Issue 62 (2018)

Konstantin Khabenskii: Sobibor (2018)

reviewed by Denise J. Youngblood © 2018


This year marks the seventy-fifth anniversary of the uprisings at Treblinka and Sobibor, the only two mass escapes from Nazi death camps. Entirely coincidentally, these revolts occurred only ten weeks and 200 km apart (Treblinka on 2 August 1943 and Sobibor on 14 October 1943, in eastern Poland), but their close proximity in time and space eroded German complacency about their control over their killing machine. Reprisals were savage, and the “Operation Reinhard” camps (which included Belzec) were ploughed under, all remaining inmates executed.

sobiborThe events at Sobibor, already memorialized in the surprisingly good 1987 television film Escape from Sobibor (directed by Jack Gold for CBS and ITV), has long cried out for Russian treatment because one of the revolt’s two leaders, Lt. Aleksandr Pecherskii (1909-1990), was a Soviet Jew, a Red Army POW who had fallen into German hands in 1941 at the Battle of Moscow but not discovered to be a Jew until 1942. He was then sent to the Minsk ghetto, and from there to Sobibor in late September 1943. At Sobibor, Pecherskii was quickly recruited by Leon Feldhendler (1910-1945), the Polish Jew who led the camp “underground” and had long been planning a large-scale escape; Feldhendler realized, however, that he lacked the strategic abilities that Pecherskii possessed in abundance. Pecherskii crafted the plan, and Feldhendler put his large network of trusted camp comrades to work executing it, a complicated endeavor since it involved coordinating the inmates in two of Sobibor’s three camps.

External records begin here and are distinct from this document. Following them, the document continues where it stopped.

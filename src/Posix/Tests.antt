-- ===== src/Posix/Tests.antt =====
-- Runs of lib/posix/pthread/pthread_once.c and lib/posix/unistd/sleep.c.
use avrix.Posix.Once.{fresh, steps, once_at_most, stepped, Reach}
use avrix.Posix.Sleeping.{sleep-total, total}
use avrix.Posix.{
  checked, entering, initializing, delay_us, sleep, returned, once_step, usleep, Phase,
}
use avrix.Base.{All, ℕ, ◌≤◌, ◌<◌, ◌≡◌, refl}

-- Thread 1 has started the initialization, and thread 2 returns while it runs.
abbrev at2 : ℕ → Phase
at2 = stepped (stepped (stepped (λ t. entering) 1 checked) 1 initializing) 2 returned

at2-Reach : Reach at2 1 1
unfolding once_step
at2-Reach = steps 2 (steps 1 (steps 1 fresh))

early_return : (at2 1 ≡ initializing) × (at2 2 ≡ returned)
early_return = (refl, refl)

abbrev calls_so_far : ℕ
calls_so_far = 1

once_at_most_example : (calls_so_far ≤ 1) × ((t : ℕ) → at2 t ≡ returned → calls_so_far ≡ 1)
once_at_most_example = once_at_most at2-Reach

sleep-total_example : (total (sleep 100) ≡ 100000) × All (λ ms. (0 < ms) × (ms ≤ 32000)) (sleep 100)
sleep-total_example = sleep-total 100

-- 65536 milliseconds wrap around to 0, and are waited for in the HAL.
usleep-wraps : usleep 65536000 ≡ delay_us 65536000
unfolding usleep
usleep-wraps = refl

Most KinoKultura readers know why this “real-life” story of Soviet wartime heroism could not be filmed in Soviet times despite the massive cinematic war cult, even if they had never before heard of Pecherskii, through Jeremy Hicks’ and Olga Gershenson’s recent studies of those few Soviet Holocaust films that could be made. The proclaimed “universality” of Soviet suffering during the Great Patriotic War made singling out Jews as the main target of German extermination tactics more or less impossible in Soviet times. The Holocaust is still a seriously under-researched topic in Russia; Israeli historian Yitzhak Arad’s classic study of the Operation Reinhard camps remains the standard scholarly source for understanding what happened at Sobibor.

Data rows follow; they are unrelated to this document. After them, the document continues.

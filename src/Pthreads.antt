-- ===== src/Pthreads.antt =====
-- lib/posix/pthread/pthread_create.c, with `pthread_attr_t` of lib/posix/posix_types.h: threads over
-- the kernel's tasks, on the AVR, where `pthread_t` is a byte. A pointer that the code compares with
-- NULL is an option; a function pointer, an argument and a return value are numbers.
pub mod Creating
pub mod Joining
pub mod Ids
mod Tests
use avrix.Base.{
  ltb, leb, ◌==◌, if◌then◌else◌, get_or, set, replicate, u8, ℕ, ◌+◌, ◌-◌, Bool, not, ◌&&◌, Option,
  none, some, List,
}

abbrev pub pthread_threads_max : ℕ
pthread_threads_max = 16

abbrev pub pthread_create_joinable : ℕ
pthread_create_joinable = 0

abbrev pub pthread_create_detached : ℕ
pthread_create_detached = 1

abbrev pub eagain : ℕ
eagain = 11

abbrev pub einval : ℕ
einval = 22

-- What the file calls of the scheduler, whose state is of type `K`: `nk_task_create`, by the
-- priority, the stack and its length, and `nk_current_tid`.
pub record Kernel (K : Type 0) : Type 0 where
  pub nk_task_create : ℕ → ℕ → ℕ → K → Bool × K
  pub nk_current_tid : K → ℕ

-- `pthread_info_t`
pub record PthreadInfo : Type 0 where
  pub start_routine : Option ℕ
  pub arg : ℕ
  pub retval : ℕ
  pub joinable : ℕ

-- `pthread_attr_t`
pub record PthreadAttr : Type 0 where
  pub detachstate : ℕ
  pub priority : ℕ
  pub stacksize : ℕ
  pub stackaddr : Option ℕ

-- The static variables, with the state of the kernel.
pub record Pthreads (K : Type 0) : Type 0 where
  pub thread_info : List PthreadInfo
  pub next_thread : ℕ
  pub kernel : K

abbrev pub no_info : PthreadInfo
no_info = record { start_routine = none; arg = 0; retval = 0; joinable = 0 }

-- The state of a program that has made no thread yet.
abbrev pub pthreads_start : {K : Type 0} → K → Pthreads K
pthreads_start k = record {
  thread_info = replicate pthread_threads_max no_info;
  next_thread = 0;
  kernel = k;
}

abbrev pub info_at : {K : Type 0} → ℕ → Pthreads K → PthreadInfo
info_at t s = get_or s.thread_info t no_info

-- A write past the table is lost.
abbrev pub with_info : {K : Type 0} → ℕ → PthreadInfo → Pthreads K → Pthreads K
with_info t info s = record s { thread_info = set s.thread_info t info }

-- What `pthread_create` takes from the attributes, or by default.
unfoldable pub stack_size_of : Option PthreadAttr → ℕ
stack_size_of none = 256
stack_size_of (some attr) = if attr.stacksize == 0 then 256 else attr.stacksize

unfoldable pub priority_of : Option PthreadAttr → ℕ
priority_of none = 128
priority_of (some attr) = attr.priority

unfoldable pub detach_state_of : Option PthreadAttr → ℕ
detach_state_of none = pthread_create_joinable
detach_state_of (some attr) = attr.detachstate

unfoldable pub stack_address_of : Option PthreadAttr → Option ℕ
stack_address_of none = none
stack_address_of (some attr) = attr.stackaddr

-- What a round of the loop of `pthread_join` ends in: a result, or a call of `nk_yield`.
pub data Join : Type 0 where
  fails : (code : ℕ) → Join
  yields : Join
  joins : (retval : ℕ) → Join

-- `thread_stacks` is the address of each of the stacks of the file, by its number.
module _ {K : Type 0} (kernel : Kernel K) (thread_stacks : ℕ → ℕ) where
  -- `pthread_create` from the search for a slot on, with the stack that it has found: the result,
  -- the identifier stored, if any, and the state.
  unfoldable pub start_thread :
      Option PthreadAttr → ℕ → ℕ → ℕ → Pthreads K → ℕ × Option ℕ × Pthreads K
  start_thread attr stackaddr start_routine arg s =
      let tid = u8 (s.next_thread + 256 - 1) in
      let info : PthreadInfo = record {
        start_routine = some start_routine;
        arg = arg;
        retval = 0;
        joinable = if detach_state_of attr == pthread_create_joinable then 1 else 0;
      } in
      let (created, k) =
        kernel.nk_task_create (priority_of attr) stackaddr (stack_size_of attr) s.kernel in
      let s' = record (with_info tid info s) { kernel = k } in
      if created then (0, some tid, s') else (eagain, none, s')

  -- `has_thread` tells whether `thread` is not NULL.
  unfoldable pub pthread_create :
      Bool → Option PthreadAttr → Option ℕ → ℕ → Pthreads K → ℕ × Option ℕ × Pthreads K
  pthread_create has_thread attr none arg s = (einval, none, s)
  pthread_create has_thread attr (some start_routine) arg s =
      if not has_thread then (einval, none, s) else elim (stack_address_of attr) [
        | some stackaddr ↦ start_thread attr stackaddr start_routine arg s
        | none ↦
            if leb pthread_threads_max s.next_thread
            then (eagain, none, s)
            else start_thread attr (thread_stacks s.next_thread) start_routine arg
                (record s { next_thread = s.next_thread + 1 })
      ]

module _ {K : Type 0} (kernel : Kernel K) where
  unfoldable pub pthread_self : Pthreads K → ℕ
  pthread_self s = kernel.nk_current_tid s.kernel

  -- What `pthread_entry_wrapper` calls: the start routine with its argument.
  unfoldable pub pthread_entry_wrapper : Pthreads K → Option ℕ × ℕ
  pthread_entry_wrapper s = let info = info_at (pthread_self s) s in (info.start_routine, info.arg)

  -- Up to the call of `nk_task_exit`.
  unfoldable pub pthread_exit : ℕ → Pthreads K → Pthreads K
  pthread_exit retval s =
      let self = pthread_self s in
      with_info self (record (info_at self s) { retval = retval; start_routine = none }) s

-- The test before the loop of `pthread_join` and a round of the loop.
unfoldable pub pthread_join : {K : Type 0} → ℕ → Pthreads K → Join
pthread_join thread s =
    let info = info_at thread s in
    if leb pthread_threads_max thread
    then fails einval
    else if info.joinable == 0
    then fails einval
    else elim info.start_routine [ some _ ↦ yields | none ↦ joins info.retval ]

unfoldable pub pthread_detach : {K : Type 0} → ℕ → Pthreads K → ℕ × Pthreads K
pthread_detach thread s =
    if leb pthread_threads_max thread
    then (einval, s)
    else (0, with_info thread (record (info_at thread s) { joinable = 0 }) s)

unfoldable pub pthread_equal : ℕ → ℕ → ℕ
pthread_equal t1 t2 = if t1 == t2 then 1 else 0

-- The attributes: the result of a call and the attributes after it.
unfoldable pub pthread_attr_init : Option PthreadAttr → ℕ × Option PthreadAttr
pthread_attr_init none = (einval, none)
pthread_attr_init (some attr) = (
  0,
  some (record {
    detachstate = pthread_create_joinable;
    priority = 128;
    stacksize = 256;
    stackaddr = none;
  }),
)

unfoldable pub pthread_attr_setdetachstate : Option PthreadAttr → ℕ → ℕ × Option PthreadAttr
pthread_attr_setdetachstate none detachstate = (einval, none)
pthread_attr_setdetachstate (some attr) detachstate =
    if not (detachstate == pthread_create_joinable) && not (detachstate == pthread_create_detached)
    then (einval, some attr)
    else (0, some (record attr { detachstate = u8 detachstate }))

unfoldable pub pthread_attr_setstacksize : Option PthreadAttr → ℕ → ℕ × Option PthreadAttr
pthread_attr_setstacksize none stacksize = (einval, none)
pthread_attr_setstacksize (some attr) stacksize =
    if ltb stacksize 64
    then (einval, some attr)
    else (0, some (record attr { stacksize = stacksize }))

unfoldable pub pthread_attr_setstackaddr : Option PthreadAttr → Option ℕ → ℕ × Option PthreadAttr
pthread_attr_setstackaddr none stackaddr = (einval, none)
pthread_attr_setstackaddr (some attr) stackaddr = (0, some (record attr { stackaddr = stackaddr }))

sobiborAdded to the “problem” of Sobibor’s undeniably Jewish population, the unfortunate Pecherskii had broken a cardinal rule of the Red Army officer: he “allowed” himself to be captured rather than committing suicide. So when he finally rejoined the Red Army in 1944 after a year fighting with communist partisans in eastern Poland, he was arrested and thrust back into the inferno in a penal battalion. Miraculously surviving, with commendations for his bravery on the field (and promotion to captain), Pecherskii again found himself under arrest in 1948, swept up in the anti-Semitic “anti-cosmopolitan” campaign. Due to international pressure (his heroism at Sobibor was well known abroad), he was released fairly quickly but could not find employment until after Stalin’s death. Not surprisingly, Pecherskii chose to live quietly until his death in 1990, although he was disappointed not to be able to accept invitations to travel abroad to testify at the war crimes trials of Sobibor guards.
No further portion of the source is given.